What I need to figure out, and what I am having a very difficult time deciding is, should I stay in this situation or leave? If it wasn't for my kids I would have been gone a long time ago (the second child was an accident, but of course I love my daughter very, very much). Financially, things will be VERY difficult if I leave as I will have to (want to really) give half my income as child support. I am a fairly responsible person and I feel duty bound to do so and its something I want to do, but that doesn't make it easier financially. If left I would still see my kids two or three times a week for about 4 hours each time. However, because of tight finances, I would not be able to keep them overnight. The only way I could do that, and pay half my income to child support, is to get a second full time job, which I just simply cannot do.

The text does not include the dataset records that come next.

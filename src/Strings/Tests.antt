-- ===== src/Strings/Tests.antt =====
-- Short strings in memory.
use operating_system_assignm.Prelude.{negsuc, ℕ, ◌≡◌, refl, if◌then◌else◌, ◌==◌}
use operating_system_assignm.Strings.{memmove, copy_down, copy_up, strncmp}
use operating_system_assignm.Strings.Moving.{moved, memmove-moved}

-- "abc" at 10, "abd" at 20
abbrev memory : ℕ → ℕ
memory x =
    if x == 10
    then b'a'
    else if x == 11
    then b'b'
    else if x == 12
    then b'c'
    else if x == 20
    then b'a'
    else if x == 21
    then b'b'
    else if x == 22
    then b'd'
    else 0

differs_last : strncmp 5 10 20 memory ≡ negsuc 0
unfolding strncmp
differs_last = refl

overlaps : memmove 11 10 3 memory 13 ≡ b'c'
unfolding memmove copy_down copy_up
overlaps = refl

memmove-moved_example : memmove 11 10 3 memory 13 ≡ moved 11 10 3 memory 13
memmove-moved_example = memmove-moved 11 10 3 memory 13
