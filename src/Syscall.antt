-- ===== src/Syscall.antt =====
-- The arguments of system calls: Assignment1/xv6-public/syscall.c, lines 16 to 83. Addresses and
-- values are 32-bit words, and a value of type int is its word. `sz` is the size of the process,
-- `mem` its memory byte by byte, and `none` the result -1.
pub mod Bounds
pub mod Tests
use operating_system_assignm.Prelude.{
  ℕ, zero, suc, ◌+◌, ◌-◌, ◌*◌, ◌%◌, ◌^◌, Bool, true, false, Option, none, some, ltb, leb, ◌==◌,
  ◌||◌, if◌then◌else◌,
}

-- Four bytes, the lowest first.
abbrev pub word : (ℕ → ℕ) → ℕ → ℕ
word mem a = mem a + 256 * mem (a + 1) + 65536 * mem (a + 2) + 16777216 * mem (a + 3)

module _ (sz : ℕ) (mem : ℕ → ℕ) where
  unfoldable pub fetchint : ℕ → Option ℕ
  fetchint addr = if leb sz addr || ltb sz ((addr + 4) % 2 ^ 32) then none else some (word mem addr)

  -- The loop of `fetchstr` from `s` on, on fuel: where the string ends.
  unfoldable pub find_end : ℕ → ℕ → Option ℕ
  find_end zero s = none
  find_end (suc fuel) s =
      let rest = find_end fuel (s + 1) in
      if ltb s sz then if mem s == 0 then some s else rest else none

  -- The length of the string.
  unfoldable pub fetchstr : ℕ → Option ℕ
  fetchstr addr =
      if leb sz addr
      then none
      else elim (find_end sz addr) [ none ↦ none | some s ↦ some (s - addr) ]

  -- `esp` is the user's stack pointer.
  unfoldable pub argint : ℕ → ℕ → Option ℕ
  argint esp n = fetchint ((esp + 4 + 4 * n) % 2 ^ 32)

  -- A `size` of 2 ^ 31 or more is negative.
  unfoldable pub argptr : ℕ → ℕ → ℕ → Option ℕ
  argptr esp n size = elim (argint esp n) [
    | none ↦ none
    | some i ↦
        if leb (2 ^ 31) size || leb sz i || ltb sz ((i + size) % 2 ^ 32) then none else some i
  ]

  unfoldable pub argstr : ℕ → ℕ → Option ℕ
  argstr esp n = elim (argint esp n) [ none ↦ none | some addr ↦ fetchstr addr ]
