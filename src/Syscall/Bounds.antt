-- ===== src/Syscall/Bounds.antt =====
-- argptr and fetchstr against the memory of the process.
use operating_system_assignm.Prelude.{
  ℕ, zero, suc, ◌+◌, ◌-◌, ◌*◌, ◌%◌, ◌^◌, ◌≤◌, ◌<◌, ◌≡◌, ◌≢◌, ◌⊎◌, inl, inr, refl, ap, ◌∙◌, arith,
  true, false, Option, none, some, ltb, leb, ◌||◌, if◌then◌else◌, dec_lt, dec_le, ℕ_discrete,
}
use operating_system_assignm.Syscall.{word, fetchint, find_end, fetchstr, argint, argptr}

-- The address of argument `n`.
abbrev pub slot : ℕ → ℕ → ℕ
slot esp n = (esp + 4 + 4 * n) % 2 ^ 32

module _ (sz : ℕ) (mem : ℕ → ℕ) where
  -- What `argptr` comes to.
  pub data Pointer (esp n size : ℕ) (out : Option ℕ) : Type 0 where
    outside : sz < slot esp n + 4 → out ≡ none → Pointer esp n size out
    refused :
        slot esp n + 4 ≤ sz
        → (2 ^ 31 ≤ size) ⊎ ((sz ≤ word mem (slot esp n)) ⊎ (sz < word mem (slot esp n) + size))
        → out ≡ none
        → Pointer esp n size out
    accepted :
        slot esp n + 4 ≤ sz
        → size < 2 ^ 31
        → word mem (slot esp n) < sz
        → word mem (slot esp n) + size ≤ sz
        → out ≡ some (word mem (slot esp n))
        → Pointer esp n size out

  module _ (user : sz ≤ 2 ^ 31) where
    fetchint_in : (addr : ℕ) → addr + 4 ≤ sz → fetchint sz mem addr ≡ some (word mem addr)
    unfolding fetchint
    fetchint_in addr inside =
        let low : (addr + 4) % 2 ^ 32 ≡ addr + 4 = omega arith in ground (arith, low)

    fetchint_out : (addr : ℕ) → sz < addr + 4 → fetchint sz mem addr ≡ none
    unfolding fetchint
    fetchint_out addr past = elim (dec_lt addr sz) [
      | no over ↦ ground arith
      | yes under ↦ let low : (addr + 4) % 2 ^ 32 ≡ addr + 4 = omega arith in ground (arith, low)
    ]

    -- The three tests of `argptr` with no wrap-around.
    checks_out :
        (i size : ℕ)
        → (2 ^ 31 ≤ size) ⊎ ((sz ≤ i) ⊎ (sz < i + size))
        → (leb (2 ^ 31) size || leb sz i || ltb sz ((i + size) % 2 ^ 32)) ≡ true
    checks_out i size out = elim (dec_le (2 ^ 31) size) [
      | yes large ↦ ground arith
      | no small ↦ elim (dec_le sz i) [
        | yes past ↦ ground arith
        | no inside ↦
            let low : (i + size) % 2 ^ 32 ≡ i + size = omega arith in
            let over : sz < i + size = elim out [
              | inl a ↦ absurd (omega arith)
              | inr b ↦ elim b [ inl c ↦ absurd (omega arith) | inr d ↦ d ]
            ] in
            ground (arith, low, over)
      ]
    ]

    checks_in :
        (i size : ℕ)
        → size < 2 ^ 31
        → i < sz
        → i + size ≤ sz
        → (leb (2 ^ 31) size || leb sz i || ltb sz ((i + size) % 2 ^ 32)) ≡ false
    checks_in i size small inside fits =
        let low : (i + size) % 2 ^ 32 ≡ i + size = omega arith in
        ground (arith, low, small, inside, fits)

    argptr_at :
        (esp n size : ℕ)
        → slot esp n + 4 ≤ sz
        → argptr sz mem esp n size ≡ (
            if leb (2 ^ 31) size
              || leb sz (word mem (slot esp n))
              || ltb sz ((word mem (slot esp n) + size) % 2 ^ 32)
            then none
            else some (word mem (slot esp n)))
    unfolding argptr argint
    argptr_at esp n size inside = rw (argptr, argint, fetchint_in (slot esp n) inside) refl

    -- In a process of at most 2 ^ 31 bytes: `argptr` refuses exactly the arguments that lie
    -- outside of its memory, a negative size, and a block that does not lie in its memory, with
    -- the sums taken without wrap-around; else it returns the argument.
    pub argptr-Pointer : (esp n size : ℕ) → Pointer esp n size (argptr sz mem esp n size)
    unfolding argptr argint
    argptr-Pointer esp n size = elim (dec_lt sz (slot esp n + 4)) [
      | yes past ↦ outside past (rw (argptr, argint, fetchint_out (slot esp n) past) refl)
      | no inside ↦
          let seen : slot esp n + 4 ≤ sz = omega arith in
          let w = word mem (slot esp n) in
          let at = argptr_at esp n size seen in
          let bad : (2 ^ 31 ≤ size) ⊎ ((sz ≤ w) ⊎ (sz < w + size))
              → Pointer esp n size (argptr sz mem esp n size) =
            λ out.
              refused seen out
                (at ∙ ap (λ b. if b then none else some w) (checks_out w size out)) in
          elim (dec_le (2 ^ 31) size) [
            | yes large ↦ bad (inl large)
            | no small ↦ elim (dec_le sz w) [
              | yes past ↦ bad (inr (inl past))
              | no below ↦ elim (dec_lt sz (w + size)) [
                | yes over ↦ bad (inr (inr over))
                | no fits ↦ accepted seen (omega arith) (omega arith) (omega arith) (
                    at
                    ∙ ap (λ b. if b then none else some w)
                        (checks_in w size (omega arith) (omega arith) (omega arith)))
              ]
            ]
          ]
    ]

  -- What `fetchstr` comes to.
  pub data Fetched (addr : ℕ) (out : Option ℕ) : Type 0 where
    unended : ((x : ℕ) → addr ≤ x → x < sz → mem x ≢ 0) → out ≡ none → Fetched addr out
    string :
        (n : ℕ)
        → addr + n < sz
        → mem (addr + n) ≡ 0
        → ((x : ℕ) → addr ≤ x → x < addr + n → mem x ≢ 0)
        → out ≡ some n
        → Fetched addr out

  data End (s : ℕ) (out : Option ℕ) : Type 0 where
    nowhere : ((x : ℕ) → s ≤ x → x < sz → mem x ≢ 0) → out ≡ none → End s out
    at :
        (e : ℕ)
        → s ≤ e
        → e < sz
        → mem e ≡ 0
        → ((x : ℕ) → s ≤ x → x < e → mem x ≢ 0)
        → out ≡ some e
        → End s out

  find_end-End : (fuel s : ℕ) → sz ≤ s + fuel → End s (find_end sz mem fuel s)
  unfolding find_end
  find_end-End zero s enough = nowhere (λ x lo hi. absurd (omega arith)) refl
  find_end-End (suc fuel) s enough = elim (dec_lt s sz) [
    | no past ↦ nowhere (λ x lo hi. absurd (omega arith)) (ground arith)
    | yes inside ↦ elim (ℕ_discrete (mem s) 0) [
      | yes last ↦
          at s (omega arith) inside last (λ x lo hi. absurd (omega arith)) (ground (arith, last))
      | no more ↦ elim (find_end-End fuel (s + 1) (omega arith)) [
        | nowhere all e ↦
            nowhere (λ x lo hi. first s x more (λ h. all x h hi) lo) (ground (arith, more, e))
        | at e lo hi last before eq ↦
            at e (omega arith) hi last (λ x lo' hi'. first s x more (λ h. before x h hi') lo')
              (ground (arith, more, eq))
      ]
    ]
  ]
    where
      first : (s x : ℕ) → mem s ≢ 0 → (s + 1 ≤ x → mem x ≢ 0) → s ≤ x → mem x ≢ 0
      first s x more rest lo = elim (ℕ_discrete s x) [
        | yes e ↦ λ z. more (ap mem e ∙ z)
        | no ne ↦ rest (omega arith)
      ]

  pub fetchstr-Fetched : (addr : ℕ) → Fetched addr (fetchstr sz mem addr)
  unfolding fetchstr
  fetchstr-Fetched addr = elim (dec_lt addr sz) [
    | no past ↦ unended (λ x lo hi. absurd (omega arith)) (ground arith)
    | yes inside ↦ elim (find_end-End sz addr (omega arith)) [
      | nowhere all e ↦ unended all (ground (arith, e))
      | at s lo hi last before e ↦
          let len : addr + (s - addr) ≡ s = omega arith in
          string (s - addr) (rw len hi) (rw len last) (λ x lo' hi'. before x lo' (omega arith))
            (ground (arith, e))
    ]
  ]
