-- ===== src/Lib.antt =====
-- Nightjar, a Kubernetes operator that finds constraints in a cluster and tells developers which of
-- them block their workloads.
--
-- The parts and how they interact. The discovery engine scans the cluster for resources that look
-- like policies and runs an informer for each. What an informer delivers is parsed by the adapter
-- that the registry has for the resource, and the constraints go to the indexer, a map by UID that
-- reports each change to a callback. The correlator reads warning events and Hubble flow drops, asks
-- the indexer for the constraints that concern them, and sends a notification for each pair that it
-- has not seen of late. The dispatcher of the notifier limits and deduplicates these notifications
-- and writes a Kubernetes event whose text and annotations depend on a level of detail. The
-- evaluator looks for companion resources that a workload needs and does not have, and reports them
-- once they have been missing for a while. The admission webhook asks the controller for constraints
-- and warns of those that concern a request, and the Hubble client keeps a stream of flow drops open.
-- A change of the index makes namespaces due for a new report, which a reconciler writes in rounds,
-- and queues updates of the annotations of their workloads; the tools for agents answer questions
-- from the index.
--
-- The files:
--   Types, Types/Value         internal/types: Constraint and its parts, the values of an object
--   Util, Util/Unique          internal/util: unstructured.go, labels.go, strings.go
--   Indexer/                   internal/indexer/indexer.go
--   Dedupe/                    tryMarkSeen and cleanupDedupeCache of internal/correlator/correlator.go
--                              and internal/notifier/dispatcher.go
--   Hubble/                    internal/hubble: Flow for types.go, Converter for converter.go and
--                              convertFlow, Client for the connection loop of client.go
--   Correlator/                internal/correlator/correlator.go: handleEvent and handleFlowDrop
--   Registry/                  internal/adapters/registry.go
--   Adapters/NetworkPolicy     internal/adapters/networkpolicy/adapter.go
--   Discovery/                 internal/discovery/engine.go: Configuration what makes a resource
--                              constraint-like, Engine the handlers of an informer, Watching the
--                              profiles, Scanning the scan, Reconciling the reconciler of
--                              internal/controller/constraintprofile_controller.go
--   Pipeline/                  discovery, index and correlator together
--   Notifier/                  internal/notifier: Templates, Messages, Steps, Remediation, BuildEvent
--                              and EventBuilder for event_builder.go and remediation.go, Dispatcher
--                              for dispatcher.go
--   Requirements/              internal/requirements: Evaluator for evaluator.go, Context for
--                              eval_context.go, Issuers, Monitors and Istio for the rules; Registered
--                              for the two evaluators of cmd/controller/main.go
--   Webhook/                   cmd/webhook/admission.go
--   Api/                       internal/api/constraints.go, and the webhook that asks it
--   Reports/                   internal/notifier/report_reconciler.go: Entries and Status for
--                              buildReportStatus, Reconciler for the triggers and the rounds
--   Workloads/                 internal/notifier/workload_annotator.go: Annotations for
--                              buildAnnotationPatch, Annotator for the queue and the worker
--   Mcp/                       internal/mcp: Results and Messages for types.go, Explain, Namespaces
--                              and Handlers for handlers.go
-- In each folder the other modules hold lemmas and theorems, and Tests the runs. Prelude has what
-- all share: tests, lists, association lists, texts.
--
-- How state and operations correspond. A struct is a record with the fields that its methods use, a
-- Go map an association list with the newest entry first, a set that is only asked for membership a
-- list or a function, a nil pointer `none`. A method is a function from the state to the new state
-- and its results, an error is a value. A mutex makes each method one step, so a history is a list
-- of calls; a goroutine's loop appears as the calls that it makes, with what `select` and the clock
-- gave as an argument of each. A round of the report reconciler, which takes its mutex piecewise, is
-- one step too, so changes of the index stand between rounds; and so is the send of a flow drop with
-- its count, between which a reader may see the lower count. A time is a number of nanoseconds; no reading comes near 2^63, and
-- differences of times are written as sums, since subtraction stops at 0. The connection
-- loop of the Hubble client is a step relation; every other loop that is modelled is over a list, and
-- is recursion on it. Fuel is used only to print a number in decimal, where one more than the number
-- is more than its digits.
--
-- What is not under the repository is a parameter: the token bucket of golang.org/x/time/rate, the
-- accessors and selectors of the Kubernetes libraries (the record Util.Library), the outcome of each
-- call of the API server, the parsers of the adapters where the engine calls them, package sort
-- (the record Prelude.Sorting), encoding/json and the YAML decoder.
--
-- Not modelled: logging, metrics, the start and the wiring of goroutines, the caches of client-go;
-- several workers at once in the annotator of workloads; the other adapters, the servers of the
-- tools and of the webhook, and the command line.
pub mod Prelude
pub mod Types
pub mod Util
pub mod Indexer
pub mod Dedupe
pub mod Hubble
pub mod Correlator
pub mod Registry
pub mod Adapters
pub mod Discovery
pub mod Pipeline
pub mod Webhook
pub mod Notifier
pub mod Requirements
pub mod Reports
pub mod Mcp
pub mod Workloads
pub mod Api
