-- ===== src/Prelude/Text.antt =====
-- Texts put together: the `%d` of fmt, and the joining of parts.
use Prim.Native.Nat.{ℕ, zero, suc, ◌/◌, ◌%◌}
use Prim.Native.String.{String, ◌++◌}
use mathlib.Core.List.{List, [], ◌∷◌}
use nightjar.Prelude.Tests.{if◌then◌else◌, nat_eqb, ltb}

abbrev digit : ℕ → String
digit d =
    if nat_eqb d 0
    then "0"
    else if nat_eqb d 1
    then "1"
    else if nat_eqb d 2
    then "2"
    else if nat_eqb d 3
    then "3"
    else if nat_eqb d 4
    then "4"
    else if nat_eqb d 5
    then "5"
    else if nat_eqb d 6
    then "6"
    else if nat_eqb d 7
    then "7"
    else if nat_eqb d 8
    then "8"
    else "9"

-- A number has at most as many digits as its value and one.
digits_from : ℕ → ℕ → String
digits_from zero n = ""
digits_from (suc fuel) n =
    let front = digits_from fuel (n / 10) in if ltb n 10 then digit n else front ++ digit (n % 10)

unfoldable pub decimal : ℕ → String
unfolding digits_from
decimal n = digits_from (suc n) n

-- The texts joined, as fmt.Sprintf joins the parts of its format and the values between them.
abbrev pub concat : List String → String
concat [] = ""
concat (x ∷ xs) = x ++ concat xs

So from your perspective should I stay in a 'dead' marriage and thus be able to remain living with my kids or should I leave, be free from the marriage but see my kids on a much more limited basis?

Posting this on an internet forum I don't expect the “perfect” answer. However, I am trying to gather as much perspective and points of view as possible to aid in making the best decision possible. I have been thinking about this for months and months.


----------



## Anonymous07 (Aug 4, 2012)

What have you tried in order to fix your marriage?


----------



## SimplyAmorous (Nov 25, 2009)

I would recommend a book like this to help you wade through it.. 

Too Good to Leave, Too Bad to Stay: A Step-by-Step Guide to Help You Decide Whether to Stay In or Get Out of Your Relationship 

Ok this is going to be full of links.. in the name of FIXING... just for you to have something to chew on...

If you are both "done"..that means putting up an iron fence between yourselves...and inviting MISERY to eat you alive...what will happen in this atmosphere...one of you will get so weak emotionally ...temptation is going to take you over....and someone is going to end up in someone else's bed.. that's just the way it goes..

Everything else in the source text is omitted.